Not only was this one considerably worse in contrast to the last ones, but it was considerably worse AND was considerably more time consuming. No matter which step count, gradient, or epoch I tested. The only actual semi-functional versions ended up needing strength 5+ when loading the LORA, but it meant nothing in the end.
My determination says I'll create it, but there's no telling how much work I'll need currently. I'm assuming at least a few months until I get a properly finetuned NAI alternative built into FLUX.
There were SOME successes:
It produces an exponentially good amount of images. It's potential is high, but it's not where I want it.
Core Burn Differentiation:
safe/questionable/explicit:
It DOES handle SFW and NSFW in a high gradient fashion without much of an issue. The differentiation is a problem though, as it does cause a lot of strange quirks when using base flux prompting or tagging.

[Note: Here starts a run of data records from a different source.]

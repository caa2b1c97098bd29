-- ===== src/Semaphore/Calls.antt =====
-- src/semaphore.rs: calls that a thread makes undisturbed, and calls that never block.
use atomics_for_peace_and_sy.Base.{
  ℕ, ◌+◌, ◌-◌, ◌<◌, ◌≡◌, ◌⊎◌, Bool, true, false, List, [], ◌∷◌, arith, ◌==◌, if◌then◌else◌,
}
use atomics_for_peace_and_sy.Futex.{AtomicWait, alone}
use atomics_for_peace_and_sy.Semaphore.{
  Semaphore, u32_mod, Outcome, waited, signalled, returned, outside, try_load, Thread, Choice,
  call_wait, call_try_wait, call_signal, proceed, deadline_passed, client, step, step_at, program,
}

abbrev pub wait_steps : List Choice
wait_steps = call_wait ∷ proceed ∷ proceed ∷ proceed ∷ proceed ∷ []

abbrev pub signal_steps : List Choice
signal_steps = call_signal ∷ proceed ∷ proceed ∷ proceed ∷ []

abbrev pub try_steps : List Choice
try_steps = call_try_wait ∷ proceed ∷ proceed ∷ []

module _ (futex : AtomicWait) (i : ℕ) (m : Semaphore) (taken given : ℕ) (last : Outcome) where
  -- A thread that calls `wait` while `count` is positive and `num_waiting` is
  -- not about to wrap, and is not disturbed, returns after four
  -- steps with one permit taken and `num_waiting` as before, and a `signal` then restores the
  -- semaphore.
  pub wait-signal :
      0 < m.count
      → m.count < u32_mod
      → m.num_waiting + 1 < u32_mod
      → let (m1, t1) =
          alone
            (program futex)
            i
            (m, record { taken = taken; given = given; at = outside last })
            wait_steps in
        let (m2, t2) = alone (program futex) i (m1, t1) signal_steps in
        (m1 ≡ record m { count = m.count - 1 })
        × (t1 ≡ record { taken = taken + 1; given = given; at = outside waited })
        × (m2 ≡ m)
        × (t2 ≡ record { taken = taken + 1; given = given + 1; at = outside signalled })
  unfolding alone step step_at client
  wait-signal pos fits few = ground arith

  -- An undisturbed `try_wait` returns true and takes a permit exactly if there is one; otherwise it
  -- returns false and changes nothing.
  pub try_wait_run :
      alone
        (program futex)
        i
        (m, record { taken = taken; given = given; at = outside last })
        try_steps
      ≡ (if m.count == 0
          then (m, record { taken = taken; given = given; at = outside (returned false) })
          else (
            record m { count = m.count - 1 },
            record { taken = taken + 1; given = given; at = outside (returned true) },
          ))
  unfolding alone step step_at client
  try_wait_run = ground arith

-- `try_wait` never waits: whatever the other threads do to the semaphore in between, it has
-- returned after two steps of its thread, with a permit and true, or with false and no permit. So
-- does the last round of `try_wait_duration`, which looks at the clock again in place of returning
-- false and returns false once the deadline has passed.
pub try_wait_returns :
    (futex : AtomicWait) (i : ℕ) (m1 m2 m3 : Semaphore) (t : Thread) (c1 c2 : Choice) (timed : Bool)
    → t.at ≡ try_load timed
    → let t1 = (step futex i c1 m1 t).1 in
      let t2 = (step futex i c2 m2 t1).1 in
      let late = λ (t : Thread). (step futex i deadline_passed m3 t).1 in
      let refused = record t { at = outside (returned false) } in
      (t2 ≡ record t { taken = t.taken + 1; at = outside (returned true) })
      ⊎ ((if timed then late t1 else t1) ≡ refused)
      ⊎ ((if timed then late t2 else t2) ≡ refused)
unfolding step step_at client
try_wait_returns futex i m1 m2 m3 t c1 c2 true e = ground arith
try_wait_returns futex i m1 m2 m3 t c1 c2 false e = ground arith
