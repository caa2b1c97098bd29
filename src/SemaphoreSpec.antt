-- ===== src/SemaphoreSpec.antt =====
-- What src/semaphore.rs promises, as an abstract counting semaphore: a number of permits, and what
-- the call of each thread has done with them.
use atomics_for_peace_and_sy.Base.{
  ℕ, ◌+◌, ◌<◌, ◌≡◌, refl, Bool, true, false, List, [], ◌∷◌, arith, ◌==◌, if◌then◌else◌, subst, sym,
}
use atomics_for_peace_and_sy.Simulation.{Trace, done, follow}

-- What the call that a thread is in has done so far.
pub data Progress : Type 0 where
  nothing : Progress
  took : Progress  -- it has taken a permit
  gave : Progress  -- it has added a permit

pub record Permits : Type 0 where
  pub count : ℕ
  pub progress : ℕ → Progress

-- What a step of a thread does with the permits.
pub data Action : Type 0 where
  internal : Action
  takes : Action  -- takes a permit
  finds_none : Action  -- sees that there is no permit
  gives : Action  -- adds a permit

-- What the call returns with the step, if it returns.
pub data Reply : Type 0 where
  no_reply : Reply
  waited : Reply  -- of `wait`
  signalled : Reply  -- of `signal`
  answered : Bool → Reply  -- of `try_wait` and `try_wait_duration`

abbrev pub Label : Type 0
Label = Action × Reply

-- The step leaves thread `i` with the progress `p`, and the other threads with theirs.
abbrev pub Becomes : ℕ → Progress → Permits → Permits → Type 0
Becomes i p s t = (j : ℕ) → t.progress j ≡ (if i == j then p else s.progress j)

-- There are fewer than `limit` permits: one more than `limit - 1` makes 0. `wait` returns only after
-- it has taken a permit, `signal` only after it has added one; `try_wait` answers `true` with the
-- step that takes a permit, and `false` only in a call that took none.
pub data Move (limit : ℕ) (i : ℕ) : Label → Permits → Permits → Type 0 where
  rest :
      {s t : Permits}
      → t.count ≡ s.count
      → Becomes i (s.progress i) s t
      → Move limit i (internal, no_reply) s t
  find_none :
      {s t : Permits}
      → s.count ≡ 0
      → t.count ≡ 0
      → Becomes i (s.progress i) s t
      → Move limit i (finds_none, no_reply) s t
  take :
      {s t : Permits}
      → s.count ≡ t.count + 1
      → s.progress i ≡ nothing
      → Becomes i took s t
      → Move limit i (takes, no_reply) s t
  wait :
      {s t : Permits}
      → t.count ≡ s.count
      → s.progress i ≡ took
      → Becomes i nothing s t
      → Move limit i (internal, waited) s t
  accept :
      {s t : Permits}
      → s.count ≡ t.count + 1
      → s.progress i ≡ nothing
      → Becomes i nothing s t
      → Move limit i (takes, answered true) s t
  refuse :
      {s t : Permits}
      → t.count ≡ s.count
      → s.progress i ≡ nothing
      → Becomes i nothing s t
      → Move limit i (internal, answered false) s t
  refuse_none :
      {s t : Permits}
      → s.count ≡ 0
      → t.count ≡ 0
      → s.progress i ≡ nothing
      → Becomes i nothing s t
      → Move limit i (finds_none, answered false) s t
  give :
      {s t : Permits}
      → t.count ≡ (if s.count + 1 == limit then 0 else s.count + 1)
      → s.progress i ≡ nothing
      → Becomes i gave s t
      → Move limit i (gives, no_reply) s t
  signal :
      {s t : Permits}
      → t.count ≡ s.count
      → s.progress i ≡ gave
      → Becomes i nothing s t
      → Move limit i (internal, signalled) s t

-- A move with another name for what it does.
pub relabel :
    {limit i : ℕ} {l l' : Label} {s t : Permits} → l ≡ l' → Move limit i l' s t → Move limit i l s t
relabel {limit} {i} {l} {l'} {s} {t} e h = subst (λ x. Move limit i x s t) (sym e) h

abbrev pub cost : Label → ℕ
cost (takes, reply) = 1
cost _ = 0

abbrev pub gain : Label → ℕ
gain (gives, reply) = 1
gain _ = 0

-- how many permits a history takes and gives
abbrev pub taken : List (ℕ × Label) → ℕ
taken [] = 0
taken ((i, l) ∷ ls) = cost l + taken ls

abbrev pub given : List (ℕ × Label) → ℕ
given [] = 0
given ((i, l) ∷ ls) = gain l + given ls

move-balance :
    {limit i : ℕ} {l : Label} {s t : Permits}
    → Move limit i l s t
    → s.count + gain l < limit
    → t.count + cost l ≡ s.count + gain l
move-balance (rest e b) small = ground arith
move-balance (find_none e f b) small = ground arith
move-balance (take e p b) small = ground arith
move-balance (wait e p b) small = ground arith
move-balance (accept e p b) small = ground arith
move-balance (refuse e p b) small = ground arith
move-balance (refuse_none e f p b) small = ground arith
move-balance (give e p b) small = ground arith
move-balance (signal e p b) small = ground arith

-- As long as the permits fit, they are those at first and those given, less those taken.
pub Trace-balance :
    {limit : ℕ} {ls : List (ℕ × Label)} {s t : Permits}
    → Trace (Move limit) ls s t
    → s.count + given ls < limit
    → t.count + taken ls ≡ s.count + given ls
Trace-balance done small = refl
Trace-balance (follow m h) small = ground (arith, move-balance m, Trace-balance h)
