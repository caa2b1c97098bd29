-- ===== src/Semaphore/Labels.antt =====
-- src/semaphore.rs: what a step does with the permits and what it returns, for the abstract view.
use atomics_for_peace_and_sy.Base.{
  ℕ, ◌≡◌, refl, Bool, Bool-cases, ==_iff, inl, inr, arith, ◌==◌, ◌&&◌, not, if◌then◌else◌, ap, sym,
}
use atomics_for_peace_and_sy.Threads.{System}
use atomics_for_peace_and_sy.Futex.{AtomicWait, Roused}
use atomics_for_peace_and_sy.Semaphore.{
  Semaphore, waited, signalled, returned, Pc, outside, load_count, wait_call, exchange, retire,
  try_load, try_exchange, add, load_waiting, wake, Thread, Choice, weak_fails, program, woken,
}
use atomics_for_peace_and_sy.SemaphoreSpec.{
  Progress, nothing, took, gave, Permits, Action, internal, takes, finds_none, gives, Reply,
  no_reply, waited as waited_reply, signalled as signalled_reply, answered, Move, rest,
}

-- what a load of `count` finds
abbrev pub load_action : Semaphore → Action
load_action m = if m.count == 0 then finds_none else internal

abbrev pub exchange_action : Bool → ℕ → Semaphore → Action
exchange_action fails count m = if m.count == count && not fails then takes else internal

abbrev pub action_at : AtomicWait → Choice → Semaphore → Pc → Action
action_at futex c m load_count = load_action m
action_at futex c m wait_call = if futex.blocks m.count 0 then finds_none else internal
action_at futex c m (exchange count) = exchange_action (weak_fails c) count m
action_at futex c m (try_load timed) = load_action m
action_at futex c m (try_exchange timed count) = exchange_action (weak_fails c) count m
action_at futex c m add = gives
action_at futex c m p = internal

-- What a call that ends at `p` has returned.
abbrev pub reply_at : Pc → Reply
reply_at (outside waited) = waited_reply
reply_at (outside signalled) = signalled_reply
reply_at (outside (returned b)) = answered b
reply_at p = no_reply

-- A step from `p` to `p'` returns if it leaves a call.
abbrev pub reply_of : Pc → Pc → Reply
reply_of (outside last) p' = no_reply
reply_of p p' = reply_at p'

-- What the call of a thread has done so far is told by where it stands.
abbrev pub progress_of : Thread → Progress
progress_of t = elim t.at [ retire ↦ took | load_waiting ↦ gave | wake ↦ gave | _ ↦ nothing ]

abbrev pub permits : System Semaphore Thread → Permits
permits s = record { count = s.mem.count; progress = λ j. progress_of (s.pc j) }

pub rouse-progress :
    (futex : AtomicWait) (n : ℕ) (t t' : Thread)
    → Roused futex (program futex) n t t'
    → progress_of t' ≡ progress_of t
rouse-progress futex n t t' (inl same) = rw same refl
rouse-progress futex n t t' (inr (e, (a, slept))) = rw e (woken_progress t.at refl)
  where
    woken_progress : (p : Pc) → t.at ≡ p → progress_of (woken t) ≡ progress_of t
    woken_progress p e = ground arith

pub rest_same : {limit i : ℕ} {s : Permits} → Move limit i (internal, no_reply) s s
rest_same {limit} {i} {s} = rest refl (λ j. elim (Bool-cases (i == j)) [
  | inl here ↦ rw here (ap s.progress (sym ((==_iff i j).0 here)))
  | inr other ↦ rw other refl
])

It very rarely uses NSFW elements in the SFW situations. This tells me it has a fundamental understanding of WHAT IS EXPECTED when situations occur, which means the entire system has to be trained with proper context tags along with the countless other tags that are required to actually train it whatever image you desire in that situation.
CORE FLUX TAG ASSESSMENTS BEFORE TRAINING:
1girl:
This tag is putrid. It's supposed to count and not introduce too many elements. However, it has young girls, children, old women, and so on. All tied directly into the word prompts. My hunch is, it doesn't understand what it is, or it's tag pool is too wide for it to matter so it grabs at everything in that huge list of girl tags. Which makes it even worse. It sometimes produces 500 pound grandmothers wearing a latex bodysuit with the majority of the weight in the thighs, other times it produces the trained data which is a gorgeous doll looking woman with shapely thighs and a narrow waist. It's very hit or miss even when trained.
1boy:
Similar to 1girl it's just supposed to count and introduce a base-form doll it doesn't work. It's just as putrid but also doesn't understand gender very well. You're more likely to get a cartoony character, until you aren't. Then it's just weird.
age <number>:
This is a touchy one and I really don't like that it exists below a certain number. It makes me nervous so I wish to burn the entire number down below 18 when using NSFW elements, but that won't matter if I don't release a FULL MODEL since the lora strength can just be toggled. This worries me, so I plan to completely burn the age 17<<< for anything NSFW, but there's so damn much context that it'll take a lot of work to even see the elements present without a team.
bodyparts:
Legs, arms, hands, fingers, etc. Everything is hit or miss with the core model, and when burning tags into the model, these rarely exist for concepts if you don't have body parts listed in a very verbose manner. If you DO list them, the tag overlap causes a substantial problem with the images, like it introduces hands on hands on hands on hands, feet on feet, and so on. It gets really gross really fast.
cowboy shot:
No negative prompt > everything has a cowboy hat without enough strength in this. Finetune later, everything has a cowboy hat anyway. Even lamps, tables, etc. It gets really weird really fast.
portrait:
This one is definitely everywhere. It can spawn a picture, or a wall of pictures, or a single person's context of a situation, or a series of contexts on contexts on contexts in a situation.
colored <anything>:
It can color things, but not always. More often than a lot of other AI systems I've seen, but definitely less than you'd think based on the system. Most things simply do nothing, or simply don't exist when prompted a lot of the time in contextualized situations. Kind of confuses me. I need to generate probably a thousand or so images automatically and get a mental assessment of this properly.
Conclusion: I know nothing about flux. Lets start over.
As a great man once told me, go into everything knowing nothing and then you'll leave knowing everything about nothing. The Dunning Kruger effect sure stings when it costs money.
I think it's time I teach FLUX how to know nothing, so it can actually learn.